The first instinct of many academics, when given a natural language processor, is to feed it something profoundly unnatural. How else to explain the recent spate of investigations pitting AI against Fedspeak?
To be fair, there are very good reasons for wanting to ignore central bankers, and the desire to delegate the task of listening to their strangled ambiguities predates ChatGPT by at least a century. But it’s the ability to automate the process that has been causing excitement recently, as in articles here, here, here, and here, as well as an Alphaville post here.
It’s now the subject of a JPMorgan flagship note that we can’t link to, so we’ll summarize here. It opens with a big claim:
With central bank communications now at the forefront of policy setting, everything from official policy statements to individual speeches are scrutinized for suggestions of policy direction. It is in this context that machine learning and natural language processing (NLP) find fertile ground.
The use of NLP to assess central bank communications has been around for some time. However, previous attempts failed to gain traction because they lacked the sophistication to generate actionable results. Simply put, the technology wasn’t ready for prime time yet. This has changed. We believe that NLP is ready for the successful application that many have long awaited.
This is what many have been waiting for a long time:
Yeah? If monetary policy stance is of such fundamental importance, and if clear communication is the post-GFC prerequisite, why turn the job over to an algorithm? JPMorgan suggests five reasons.
AI offers a second opinion to human economists; his interpretations are systematic and transparent; it is faster to come to a conclusion; spits out metrics instead of essays; and his findings are invulnerable to hindsight. “While an economist can offer an informed judgment of a particular central bank’s speech, this assessment is often multidimensional and can be context dependent that can be lost in a matter of weeks or even days,” says JPMorgan. “By contrast, the HDS is unique and permanent in the historical record, making it ideal for measuring how central bank thinking is changing over time and how it compares to past episodes.”
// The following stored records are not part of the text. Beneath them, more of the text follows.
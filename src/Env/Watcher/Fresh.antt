-- ===== src/Env/Watcher/Fresh.antt =====
-- What the reads of the watch channels of funera_core/src/env.rs give, against the environment that its
-- actor holds.
use funera.Env.Watcher.{Commands, Reads, watch, reads, reads_from}
use funera.Env.Synced.{IsSynced, keeps_prompt, run-IsSynced}
use funera.Env.State.{FuneraEnv, available_tools_json}
use funera.Env.Skills.{get_active_skills_prompt}
use funera.Json.{JsonOps}
use funera.ReAct.Loop.{Watched}
use funera.Prelude.{◌≡◌, true, all, ℕ, zero, suc}

-- no command sets a prompt by hand
abbrev pub KeepsPrompt : {Json : Type 0} → Commands Json → Type 0
KeepsPrompt c =
    (all keeps_prompt c.before_client ≡ true)
    × (all keeps_prompt c.before_tool ≡ true)
    × (all keeps_prompt c.before_model ≡ true)
    × (all keeps_prompt c.before_reasoning_level ≡ true)
    × (all keeps_prompt c.before_skill ≡ true)

module _ {Json F64 : Type 0} (json : JsonOps Json) where
  -- each value is the environment's own when it is read
  abbrev pub IsCurrent : Reads Json F64 → Watched Json → Type 0
  IsCurrent r w =
      (w.client ≡ r.at_client.llm_client)
      × (w.tools_json ≡ available_tools_json json r.at_tool.tool_registry)
      × (w.model ≡ r.at_model.model)
      × (w.reasoning_level ≡ r.at_reasoning_level.reasoning_level)
      × (w.skill_content ≡ get_active_skills_prompt r.at_skill.skill_registry)

  reads_from-IsCurrent :
      (env : FuneraEnv Json F64) (c : Commands Json)
      → KeepsPrompt c
      → IsSynced json env
      → IsCurrent (reads_from json env c) (watch (reads_from json env c))
        × IsSynced json (reads_from json env c).at_skill
  unfolding reads_from watch
  reads_from-IsCurrent env c (k0, k1, k2, k3, k4) h =
      let r = reads_from json env c in
      let s0 = run-IsSynced json c.before_client env k0 h in
      let s1 = run-IsSynced json c.before_tool r.at_client k1 s0 in
      let s2 = run-IsSynced json c.before_model r.at_tool k2 s1 in
      let s3 = run-IsSynced json c.before_reasoning_level r.at_model k3 s2 in
      let s4 = run-IsSynced json c.before_skill r.at_reasoning_level k4 s3 in
      ((s0.1, s1.0, s2.2, s3.3, s4.4), s4)

  reads-IsSynced :
      (env : FuneraEnv Json F64) (cmds : ℕ → Commands Json)
      → ((i : ℕ) → KeepsPrompt (cmds i))
      → IsSynced json env
      → (i : ℕ)
      → IsCurrent (reads json env cmds i) (watch (reads json env cmds i))
        × IsSynced json (reads json env cmds i).at_skill
  unfolding reads
  reads-IsSynced env cmds k h zero = reads_from-IsCurrent env (cmds 0) (k 0) h
  reads-IsSynced env cmds k h (suc i) =
      reads_from-IsCurrent (reads json env cmds i).at_skill (cmds (suc i)) (k (suc i))
        (reads-IsSynced env cmds k h i).1

  pub watch-IsCurrent :
      (env : FuneraEnv Json F64) (cmds : ℕ → Commands Json)
      → ((i : ℕ) → KeepsPrompt (cmds i))
      → IsSynced json env
      → (i : ℕ) → IsCurrent (reads json env cmds i) (watch (reads json env cmds i))
  watch-IsCurrent env cmds k h i = (reads-IsSynced env cmds k h i).0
The HDS referenced above is the JPMorgan Hawk-Dove Score. It’s an update of the bank’s 2019 attempt to process Fedspeak using BERT, a language model developed by Google. The rebuild uses ChatGPT and could theoretically make sense to any central bank on the planet, because it frames their entire world around three rules.
And here’s how you rate individual committee members of the Federal Open Market Committee, based on recent speeches, with positive numbers meaning aggressive and negative numbers meaning moderate. . .
…which is not how humans see things at all. Bullard and Kashkari are generally considered the most aggressive, Cook is the dove and Barr sits in the middle of the pack alongside Powell. Fortunately, because the FOMC is the most microanalyzed committee in the world, it’s reasonably easy to guess where the garbage that comes in becomes garbage:
One of the reasons that Governor Barr appears as the most dovish member of the FOMC is that he is the vice president of supervision and many of his speeches are less relevant to macromonetary policy and at the same time have numerous references to financial stability, a concept that can be interpreted as moderate (although not always). ( . . . ) President Bullard is often noted for having a wide range of views that are difficult to pin down. Also, because he often presents in slide format without a speech, it’s harder to quantify.
The hawk-dove ratios for the committees of the European Central Bank and the Bank of England also need humans to add context.
Schnabel is probably too close to the center of the ECB because his most aggressive speeches have been recent, so they haven’t moved the average yet. Broadbent probably has an excessive index like a pigeon because he speaks rarely and cautiously. The opposite may be true of Pill and his unique presentation style. Etc.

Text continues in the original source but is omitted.